Au milieu de la taïga sibérienne, à 700 km du moindre village, se sont installées deux familles, les Braguine et les Kiline.
Qu’il soit le produit direct de références conscientes, ou le fruit d’un chemin d’influences plus floues, il est frappant de voir combien Braguino est l’enfant, le résultat, des trente dernières années de cinéma. Il en synthétise toutes les recherches : les motifs du cinéma d’horreur (enfants entraperçus dans la brume, found footage de la vidéo crade en ouverture) ; mais aussi le fantastique latent et non incarné, la porosité avec l’art contemporain (Lynch, Weerasethakul) ; les images perdues dans un noir sans montage, arrivant à nous comme autant de percées brutales (Godard dernière période) ; la plongée frontale dans un cadre déraisonnable, ahurissant, dont on exacerbe volontiers les conflits et les personnages borderline (coucou Herzog) ; les touches sensorielles d’un montage impressionniste et ressassé, librement éclaté (Malick) ; la bande son qui sourde et crépite, comme on rumine quelque malédiction (Des Pallières)…
L’idée n’est pas de faire de Clément Cogitore un premier de la classe (son film, plein de courts-circuits et d’intuitions, n’a rien de l’élève appliqué), mais bien de signifier à quel point Braguino se présente à nous comme le point d’arrivée de tout un chemin formel et narratif, qui fit péniblement émerger un autre cinéma du bordel stagnant et référentiel (néo-classicisime, néo-moderne, néo-noir, post-modernes, maniéristes…) qui constitue, encore aujourd’hui, l’essentiel de notre paysage cinéphile. L’occasion de célébrer le divin enfant ? Pas vraiment.
Si l’on ne boudera pas notre plaisir (le film envoie des moments magiques à la kilotonne, et son parfum de fin du monde est saisissant), on ne peut se défaire d’une certaine gêne. La première étant ce montage impatient en zapping, outil d’un véritable déchaînement imagier, par lequel Cogitore se débarrasse du dernier grand tic auteuriste de ses pères et de la modernité : cette lenteur de cinéma de festival, cette patience impériale qui fut, il est vrai, souvent complaisante, et qui ici a complètement déserté.
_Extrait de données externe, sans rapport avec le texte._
-- ===== src/Legacy/Cygwin/Same.antt =====
-- old/pkg/cygwinsocket/cygwinsocket.go and internal/interfaces/cygwin: where the former code and its
-- successor do the same.
use omni_sshagent.Base.{
  ℕ, zero, suc, not, List, [], ◌∷◌, ◌++◌, some, length, drop, if◌then◌else◌, ◌≡◌,
}
use omni_sshagent.Base.Text.{Text, equal}
use omni_sshagent.Base.Endian.{little_endian}
use omni_sshagent.Files.{Bytes}
use omni_sshagent.Cygwin.{nonce_text, nonce_word}
use omni_sshagent.Cygwin.Nonce.{first_four, nil_of_length}
use omni_sshagent.Cygwin.Handshake.{Action, sent, serve}
use omni_sshagent.Legacy.Cygwin.{nonce2s, nonce_words}

-- On the 16 bytes of a UUID, `nonce2s` and `nonceText` write the same text.
pub nonce2s-nonce_text :
    (nonce : Bytes) → length nonce ≡ 16 → nonce2s nonce ≡ some (nonce_text nonce)
unfolding nonce2s nonce_words nonce_text nonce_word
nonce2s-nonce_text nonce h =
    let (a0, b0, c0, d0, r0, e0, l0) = first_four nonce 12 h in
    let (a1, b1, c1, d1, r1, e1, l1) = first_four r0 8 l0 in
    let (a2, b2, c2, d2, r2, e2, l2) = first_four r1 4 l1 in
    let (a3, b3, c3, d3, r3, e3, l3) = first_four r2 0 l2 in
    rw (e0, e1, e2, e3, nil_of_length r3 l3)

-- What a client sees whose bytes are cut as expected.
abbrev answers : ℕ → Bytes → Bytes → Bytes → ℕ → List Action
answers pid nonce pid_data rest zero = []
answers pid nonce pid_data rest (suc zero) = sent nonce ∷ []
answers pid nonce pid_data rest (suc (suc writes)) =
    sent nonce ∷ sent (little_endian pid ++ drop 4 pid_data) ∷ serve rest ∷ []

abbrev seen : ℕ → Bytes → Bytes → Bytes → Bytes → ℕ → List Action
seen pid nonce got pid_data rest writes =
    if not (equal nonce got) then [] else answers pid nonce pid_data rest writes
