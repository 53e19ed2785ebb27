-- ===== src/Legacy/Cygwin/Made.antt =====
-- old/pkg/cygwinsocket/cygwinsocket.go: `makeSocket`, beside `parseSocketNonce` of
-- internal/interfaces/cygwin. `os.WriteFile` is a parameter beside those of `FileSystem`.
use omni_sshagent.Base.{
  ℕ, ◌<◌, true, [], ◌++◌, Option, none, some, Result, ok, err, ◌≡◌, refl, arith, length, All,
}
use omni_sshagent.Base.Text.{Text, codes}
use omni_sshagent.Base.Decimal.{decimal}
use omni_sshagent.Base.Hex.{IsByte}
use omni_sshagent.Files.{OsError, Bytes, FileSystem, IsLawful, content}
use omni_sshagent.Cygwin.{socket_text, parse_socket_nonce, nonce_text}
use omni_sshagent.Cygwin.Nonce.{parse_socket_nonce-socket_text}
use omni_sshagent.Legacy.Cygwin.{nonce2s}
use omni_sshagent.Legacy.Cygwin.Same.{nonce2s-nonce_text}

pub data MakeError : Type 0 where
  uuid_failed write_failed path_failed mark_failed : OsError → MakeError
  -- `nonce2s` on bytes that are no whole words.
  panicked : MakeError

-- `Sprintf` of the port and the text of the nonce.
unfoldable pub former_text : ℕ → Text → Text
former_text port nonce = codes "!<socket >" ++ (decimal port ++ (codes " s " ++ nonce))

module _ (fs : FileSystem) where
  open fs use {World, utf16_error, set_attributes}

  -- `os.WriteFile`
  abbrev pub WriteFile : Type 0
  WriteFile = Text → Bytes → World → World × Option OsError

  -- Documented: without an error the file holds these bytes.
  abbrev pub IsWriteFile : WriteFile → Type 0
  IsWriteFile write_file =
      (p : Text) (b : Bytes) (w : World)
      → (write_file p b w).1 ≡ none
      → content fs p (write_file p b w).0 ≡ some b

  -- The named results `nonce` and `err`.
  abbrev pub Made : Type 0
  Made = World × Bytes × Option MakeError

  marked : Bytes → World × Option OsError → Made
  marked nonce (w, none) = (w, nonce, none)
  marked nonce (w, some e) = (w, nonce, some (mark_failed e))

  mark_encoded : Text → Bytes → Option OsError → World → Made
  unfolding marked
  mark_encoded path nonce (some e) w = (w, nonce, some (path_failed e))
  mark_encoded path nonce none w = marked nonce (set_attributes path true w)

  written : Text → Bytes → World × Option OsError → Made
  unfolding mark_encoded
  written path nonce (w, none) = mark_encoded path nonce (utf16_error path) w
  written path nonce (w, some e) = (w, nonce, some (write_failed e))

  write_nonce : WriteFile → Text → ℕ → Bytes → Option Text → World → Made
  unfolding written former_text
  write_nonce write_file path port nonce none w = (w, nonce, some panicked)
  write_nonce write_file path port nonce (some text) w =
      written path nonce (write_file path (former_text port text) w)

  -- `makeSocket`, with what `NewUUID` and its `MarshalBinary` give.
  unfoldable pub make_socket : WriteFile → Text → ℕ → Result OsError Bytes → World → Made
  unfolding write_nonce
  make_socket write_file path port (err e) w = (w, [], some (uuid_failed e))
  make_socket write_file path port (ok nonce) w =
      write_nonce write_file path port nonce (nonce2s nonce) w

module _ (fs : FileSystem) (laws : IsLawful fs) (write_file : WriteFile fs)
    (writes : IsWriteFile fs write_file) (path : Text) (port : ℕ) (nonce : Bytes) where
  -- The file is just the one that the present program would write.
  abbrev pub Holds : fs.World → Type 0
  Holds w = content fs path w ≡ some (socket_text port nonce)

  abbrev pub IsMade : Made fs → Type 0
  IsMade (w, n, none) =
      (n ≡ nonce) × Holds w × (parse_socket_nonce (socket_text port nonce) ≡ some n)
  IsMade (w, n, some (write_failed e)) = n ≡ nonce
  IsMade (w, n, some (path_failed e)) = Holds w
  IsMade (w, n, some (mark_failed e)) = Holds w
  IsMade (w, n, some (uuid_failed e)) = ⊥
  IsMade (w, n, some panicked) = ⊥

  marked-IsMade :
      (s : fs.World × Option OsError)
      → Holds s.0
      → parse_socket_nonce (socket_text port nonce) ≡ some nonce
      → IsMade (marked fs nonce s)
  unfolding marked
  marked-IsMade (w, none) h p = (refl, h, p)
  marked-IsMade (w, some e) h p = h

  mark_encoded-IsMade :
      (e : Option OsError) (w : fs.World)
      → Holds w
      → parse_socket_nonce (socket_text port nonce) ≡ some nonce
      → IsMade (mark_encoded fs path nonce e w)
  unfolding mark_encoded
  mark_encoded-IsMade (some e) w h p = h
  mark_encoded-IsMade none w h p =
      marked-IsMade (fs.set_attributes path true w)
        (rw (laws.set_attributes-content path path true w) h) p

  written-IsMade :
      (s : fs.World × Option OsError)
      → (s.1 ≡ none → Holds s.0)
      → parse_socket_nonce (socket_text port nonce) ≡ some nonce
      → IsMade (written fs path nonce s)
  unfolding written
  written-IsMade (w, none) h p = mark_encoded-IsMade (fs.utf16_error path) w (h refl) p
  written-IsMade (w, some e) h p = refl

  write_nonce-IsMade :
      (text : Option Text) (w : fs.World)
      → text ≡ some (nonce_text nonce)
      → parse_socket_nonce (socket_text port nonce) ≡ some nonce
      → IsMade (write_nonce fs write_file path port nonce text w)
  unfolding write_nonce former_text socket_text
  write_nonce-IsMade none w e p = absurd (ground (arith, e))
  write_nonce-IsMade (some text) w e p =
      let same : text ≡ nonce_text nonce = ground (arith, e) in
      rw same (
        written-IsMade (write_file path (socket_text port nonce) w)
          (writes path (socket_text port nonce) w) p)

  -- For a port and a nonce of 16 bytes, `makeSocket` returns that nonce where it succeeds, and the
  -- file is the one that the present program would write: `parseSocketNonce` reads the nonce from
  -- it. Where the file is written but cannot be marked, there is an error, and it stays as it is.
  pub make_socket-IsMade :
      port < 65536
      → length nonce ≡ 16
      → All IsByte nonce
      → (w : fs.World) → IsMade (make_socket fs write_file path port (ok nonce) w)
  unfolding make_socket
  make_socket-IsMade h size bytes w =
      write_nonce-IsMade (nonce2s nonce) w (nonce2s-nonce_text nonce size)
        (parse_socket_nonce-socket_text port nonce h size bytes)
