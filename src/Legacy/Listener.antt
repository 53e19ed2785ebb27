-- ===== src/Legacy/Listener.antt =====
-- old/pkg/agentlistener/listener.go: the loop that accepts connections. A listener is what its calls
-- of `Accept` give one after the other, each with the state of the context at that time.
use omni_sshagent.Base.{ℕ, Bool, false, List, [], ◌∷◌, if◌then◌else◌, ◌≡◌, refl}
use omni_sshagent.Base.Text.{Text}

-- A connection, `io.EOF`, or another error.
pub data Accepted : Type 0 where
  accepted : ℕ → Accepted
  end_of_file : Accepted
  accept_failed : Text → Accepted

-- How `Serve` ends; `waits` is where the listener gives nothing more.
pub data Ending : Type 0 where
  returns_nil waits : Ending
  returns_error : Text → Ending

-- The connections for which a handler is started, and the end.
unfoldable pub serve : List (Accepted × Bool) → List ℕ × Ending
serve [] = ([], waits)
serve ((accepted conn, cancelled) ∷ events) =
    let (conns, ending) = serve events in (conn ∷ conns, ending)
serve ((end_of_file, cancelled) ∷ events) = ([], returns_nil)
serve ((accept_failed e, cancelled) ∷ events) =
    ([], if cancelled then returns_nil else returns_error e)

unfoldable pub incoming : List ℕ → List (Accepted × Bool) → List (Accepted × Bool)
incoming [] events = events
incoming (conn ∷ conns) events = (accepted conn, false) ∷ incoming conns events

-- Every connection that is accepted gets its handler, in order, until the first error of `Accept`;
-- then `Serve` ends, without an error exactly if the context was cancelled.
pub serve-incoming :
    (conns : List ℕ) (e : Text) (cancelled : Bool) (events : List (Accepted × Bool))
    → serve (incoming conns ((accept_failed e, cancelled) ∷ events))
      ≡ (conns, if cancelled then returns_nil else returns_error e)
unfolding serve incoming
serve-incoming [] e cancelled events = refl
serve-incoming (conn ∷ conns) e cancelled events = rw (serve-incoming conns e cancelled events)
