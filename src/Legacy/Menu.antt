-- ===== src/Legacy/Menu.antt =====
-- old/pkg/wintray/menuitem.go and the queue of commands of wintray.go: a change of a menu item is
-- shown only when the thread of the tray runs the command that the change has put into the queue.
-- The calls of Windows succeed, and a full queue, which only makes the caller wait, is left out.
use omni_sshagent.Base.{
  ℕ, Bool, true, false, ◌||◌, List, [], ◌∷◌, ◌++◌, Option, some, ◌==◌, if◌then◌else◌, ◌≡◌, ◌⊎◌, inl,
  inr, sym, ap, ==_iff, arith, Bool-cases, All,
}

-- `MenuItem`: the two flags that change. Title and identifier stay as they are.
pub record Item : Type 0 where
  pub disabled : Bool
  pub checked : Bool

-- The items and what the menu shows of each, by their identifiers; a command in the queue holds the
-- item itself, and reads its flags when it runs.
pub record Menu : Type 0 where
  pub items : ℕ → Item
  pub queue : List ℕ
  pub shown : ℕ → Option Item
  pub shutting_down : Bool

abbrev pub put {ℓ} : {A : Type ℓ} → ℕ → A → (ℕ → A) → ℕ → A
put id a f j = if j == id then a else f j

-- `enqueueCommand` of an update
unfoldable pub enqueue : ℕ → Menu → Menu
enqueue id m = if m.shutting_down then m else record m { queue = m.queue ++ id ∷ [] }

unfoldable pub set_item : ℕ → Item → Menu → Menu
unfolding enqueue
set_item id item m = enqueue id (record m { items = put id item m.items })

-- `Enable`, `Disable`, `Check` and `Uncheck`
unfoldable pub enable : ℕ → Menu → Menu
unfolding set_item
enable id m = set_item id (record (m.items id) { disabled = false }) m

unfoldable pub disable : ℕ → Menu → Menu
unfolding set_item
disable id m = set_item id (record (m.items id) { disabled = true }) m

unfoldable pub check : ℕ → Menu → Menu
unfolding set_item
check id m = set_item id (record (m.items id) { checked = true }) m

unfoldable pub uncheck : ℕ → Menu → Menu
unfolding set_item
uncheck id m = set_item id (record (m.items id) { checked = false }) m

unfoldable pub run_commands : List ℕ → (ℕ → Item) → (ℕ → Option Item) → ℕ → Option Item
run_commands [] items shown = shown
run_commands (id ∷ queue) items shown = run_commands queue items (put id (some (items id)) shown)

-- `handleCommands`
unfoldable pub handle_commands : Menu → Menu
unfolding run_commands
handle_commands m = record m { queue = []; shown = run_commands m.queue m.items m.shown }

-- `stopCommandQueue`
unfoldable pub stop_command_queue : Menu → Menu
stop_command_queue m = record m { shutting_down = true }

pub data Change : Type 0 where
  enabling disabling checking unchecking : ℕ → Change
  handling stopping : Change

unfoldable pub change : Change → Menu → Menu
unfolding enable disable check uncheck handle_commands stop_command_queue
change (enabling id) m = enable id m
change (disabling id) m = disable id m
change (checking id) m = check id m
change (unchecking id) m = uncheck id m
change handling m = handle_commands m
change stopping m = stop_command_queue m

unfoldable pub changes : List Change → Menu → Menu
unfolding change
changes [] m = m
changes (c ∷ cs) m = changes cs (change c m)

-- Whether an update of an item waits.
unfoldable pub awaits : ℕ → List ℕ → Bool
awaits id [] = false
awaits id (j ∷ queue) = id == j || awaits id queue

-- The menu shows the item as it is, or an update of it waits.
abbrev pub IsTracked : ℕ → Menu → Type 0
IsTracked id m = (m.shown id ≡ some (m.items id)) ⊎ (awaits id m.queue ≡ true)

run_commands_shown :
    (queue : List ℕ) (items : ℕ → Item) (shown : ℕ → Option Item) (id : ℕ)
    → (shown id ≡ some (items id)) ⊎ (awaits id queue ≡ true)
    → run_commands queue items shown id ≡ some (items id)
unfolding run_commands awaits
run_commands_shown [] items shown id (inl h) = h
run_commands_shown [] items shown id (inr h) = ground (arith, h)
run_commands_shown (j ∷ queue) items shown id h = elim (Bool-cases (id == j)) [
  | inl e ↦
      run_commands_shown queue items (put j (some (items j)) shown) id
        (inl (rw (e) (ap (λ (n : ℕ). some (items n)) (sym ((==_iff id j).0 e)))))
  | inr e ↦ run_commands_shown queue items (put j (some (items j)) shown) id (rw (e) (later e h))
]
  where
    later :
        (id == j) ≡ false
        → (shown id ≡ some (items id)) ⊎ ((id == j || awaits id queue) ≡ true)
        → (shown id ≡ some (items id)) ⊎ (awaits id queue ≡ true)
    later e (inl h) = inl h
    later e (inr h) = inr (ground (arith, e, h))

awaits-append :
    (id j : ℕ) (queue : List ℕ) → awaits id (queue ++ j ∷ []) ≡ (awaits id queue || id == j)
unfolding awaits
awaits-append id j [] = ground arith
awaits-append id j (k ∷ queue) = ground (arith, awaits-append id j queue)

set_item-IsTracked :
    (id j : ℕ) (item : Item) (m : Menu)
    → m.shutting_down ≡ false
    → IsTracked id m
    → IsTracked id (set_item j item m)
unfolding set_item enqueue
set_item-IsTracked id j item m open' h = elim (Bool-cases (id == j)) [
  | inl e ↦ rw (open', set_item, enqueue) (inr (ground (arith, e, awaits-append id j m.queue)))
  | inr e ↦ rw (open', set_item, enqueue) (rw (e) (still h))
]
  where
    still : IsTracked id m → IsTracked id (record m { queue = m.queue ++ j ∷ [] })
    still (inl h) = inl h
    still (inr h) = inr (ground (arith, h, awaits-append id j m.queue))

set_item_open :
    (j : ℕ) (item : Item) (m : Menu)
    → m.shutting_down ≡ false
    → (set_item j item m).shutting_down ≡ false
unfolding set_item enqueue
set_item_open j item m h = ground (arith, h)

-- Every change but the end of the queue.
abbrev pub IsLive : Change → Type 0
IsLive stopping = ⊥
IsLive (enabling id) = Unit
IsLive (disabling id) = Unit
IsLive (checking id) = Unit
IsLive (unchecking id) = Unit
IsLive handling = Unit

abbrev pub Tracks : ℕ → Menu → Type 0
Tracks id m = (m.shutting_down ≡ false) × IsTracked id m

change-Tracks : (id : ℕ) (c : Change) (m : Menu) → IsLive c → Tracks id m → Tracks id (change c m)
unfolding change enable disable check uncheck handle_commands
change-Tracks id (enabling j) m l h = (set_item_open j _ m h.0, set_item-IsTracked id j _ m h.0 h.1)
change-Tracks id (disabling j) m l h =
    (set_item_open j _ m h.0, set_item-IsTracked id j _ m h.0 h.1)
change-Tracks id (checking j) m l h = (set_item_open j _ m h.0, set_item-IsTracked id j _ m h.0 h.1)
change-Tracks id (unchecking j) m l h =
    (set_item_open j _ m h.0, set_item-IsTracked id j _ m h.0 h.1)
change-Tracks id handling m l h = (h.0, inl (run_commands_shown m.queue m.items m.shown id h.1))
change-Tracks id stopping m l h = absurd l

changes-Tracks :
    (id : ℕ) (cs : List Change) (m : Menu) → All IsLive cs → Tracks id m → Tracks id (changes cs m)
unfolding changes
changes-Tracks id [] m l h = h
changes-Tracks id (c ∷ cs) m l h =
    changes-Tracks id cs (change c m) l.1 (change-Tracks id c m l.0 h)

-- Until the queue is stopped, once the thread of the tray has run the commands, the menu shows an
-- item as it is after all the changes before, if it did so at the start or an update of it waited.
pub handle_commands-changes :
    (id : ℕ) (cs : List Change) (m : Menu)
    → All IsLive cs
    → Tracks id m
    → (handle_commands (changes cs m)).shown id ≡ some ((changes cs m).items id)
unfolding handle_commands
handle_commands-changes id cs m l h =
    run_commands_shown (changes cs m).queue (changes cs m).items (changes cs m).shown id
      (changes-Tracks id cs m l h).1
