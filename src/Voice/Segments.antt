-- ===== src/Voice/Segments.antt =====
-- The segments and the artifact of a transcript (apps/gateway/src/lib/voice/types.ts). Times and
-- confidences are natural numbers of thousandths; an optional field that is absent or null is `none`.
use Prim.Native.String.{String}
use modelforge_ai.Base.{ℕ, Option, List, map}
use modelforge_ai.Base.Units.{Units}

pub record TranscriptSegment : Type 0 where
  pub start_sec : ℕ
  pub end_sec : ℕ
  pub text : Units
  pub text_en : Option Units
  pub confidence : Option ℕ
  pub speaker : Option String
  pub speaker_id : Option String

pub record TranscriptArtifact : Type 0 where
  pub language : String
  pub text : Units
  pub text_en : Option Units
  pub dialect_hint : Option String
  pub dialect_label : Option String
  pub speaker_names : List (String × String)
  pub names_mentioned : List String
  pub confidence : Option ℕ
  pub segments : List TranscriptSegment
  pub provider : String
  pub model : String

abbrev pub texts_of : List TranscriptSegment → List Units
texts_of segments = map (λ (s : TranscriptSegment). s.text) segments
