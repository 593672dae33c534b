-- ===== src/Voice/Words.antt =====
-- The words of a text, as apps/gateway/src/lib/voice takes them with the regular expression \s+.
use modelforge_ai.Base.{ℕ, Bool, true, false, List, [], ◌∷◌, if◌then◌else◌}
use modelforge_ai.Base.Units.{Units, trim, join}

abbrev pub space : ℕ
space = 32

-- words.join(" ")
abbrev pub join_words : List Units → Units
join_words words = join (space ∷ []) words

abbrev pub prepend_unit : ℕ → List Units → List Units
prepend_unit c [] = (c ∷ []) ∷ []
prepend_unit c (w ∷ ws) = (c ∷ w) ∷ ws

module _ (is_space : ℕ → Bool) where
  -- The text is empty, or white space comes first.
  abbrev pub at_end_of_word : Units → Bool
  at_end_of_word [] = true
  at_end_of_word (c ∷ cs) = is_space c

  abbrev pub starts_with_space : Units → Bool
  starts_with_space [] = false
  starts_with_space (c ∷ cs) = is_space c

  abbrev pub add_unit : ℕ → Units → List Units → List Units
  add_unit c rest words = if at_end_of_word rest then (c ∷ []) ∷ words else prepend_unit c words

  -- text.trim().split(/\s+/).filter(Boolean): the longest pieces without white space.
  unfoldable pub words_of : Units → List Units
  words_of [] = []
  words_of (c ∷ cs) = let words = words_of cs in if is_space c then words else add_unit c cs words

  -- text.replace(/\s+/g, " ")
  unfoldable pub single_spaces : Units → Units
  single_spaces [] = []
  single_spaces (c ∷ cs) =
      let rest = single_spaces cs in
      if is_space c then if starts_with_space cs then rest else space ∷ rest else c ∷ rest

  -- text.replace(/\s+/g, " ").trim()
  unfoldable pub squeeze : Units → Units
  squeeze text = trim is_space (single_spaces text)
On ne sait très bien si l’on doit s’en réjouir. Dans la frénésie à ne garder que les sot-l’y-laisse des situations, à aller directement au plus fort, à sacrifier chaque moment étrange au spectaculaire (le dépeçage…), se lit un arrière-goût de braconnage : le film plonge bras ouvert dans l’imagerie, sans retenue ni hésitation, d’une façon qui laisse en bouche un goût un peu étrange d’exploitation d’un endroit, et de personnes, qui avaient sans doute plus à offrir qu’une excitante imagerie de conte – aussi superbe soit-elle. Une manière de rester un peu en surface des situations, vite embrouillées dans une ambiance inquiète et hallucinée, qui noie parfois les potentielles belles scènes comme une sauce trop grasse. Voyez, par exemple, ce moment de confrontation entre les enfants des deux familles, quand les Kiline débarquent sur l’île : la situation, qui se construit admirablement, échoue à aboutir à autre chose qu’au ressassement de son propre postulat (qu’on devine assez artificiellement reconstitué), dans une incapacité à réellement investir la situation en profondeur, à la faire avancer ou à la résoudre – le montage, qui ne fait que broder sur place, finit par nous faire perdre le fil.
Évidemment, projeter autant de symptômes de l’époque sur un petit film de 50 minutes a ses limites : rien que le tournage (une dizaine de jours seulement) explique le recours à cette forme de prestidigitateur, à ces manières ellipsées et allusives, qui jouent sans doute aussi la rustine d’un déficit en matériel exploitable. Il n’empêche que la forme est souveraine, qu’elle ne semble jamais subie, et qu’on ressort avec cette impression bizarre d’avoir vu une longue bande-annonce – un format dont le film reprend et assume beaucoup de motifs stylistiques. Aucune dépréciation dans ce terme : les bandes-annonces, au tournant des années 2000, furent l’un des laboratoires formels les plus excitants du cinéma mondial, inventant de nouvelles manières d’induire le sens, de jouer de l’inconscient et de l’imaginaire du spectateur, associant les images bien plus librement que les films desquels elles étaient au service ; mais elles furent aussi, c’était tout leur rôle, des machines à fabriquer de la frustration et de l’inachèvement, à sous-entendre un film plus qu’à ne l’accoucher, à laisser miroiter de la profondeur.
Braguino est un temps fort de l’année, et Clément Cogitore est indéniablement un nom prometteur. Mais son film, pour ce qu’il dit de l’avenir proche du cinéma (et de sa nécessaire transformation), nous ravit autant qu’il inquiète.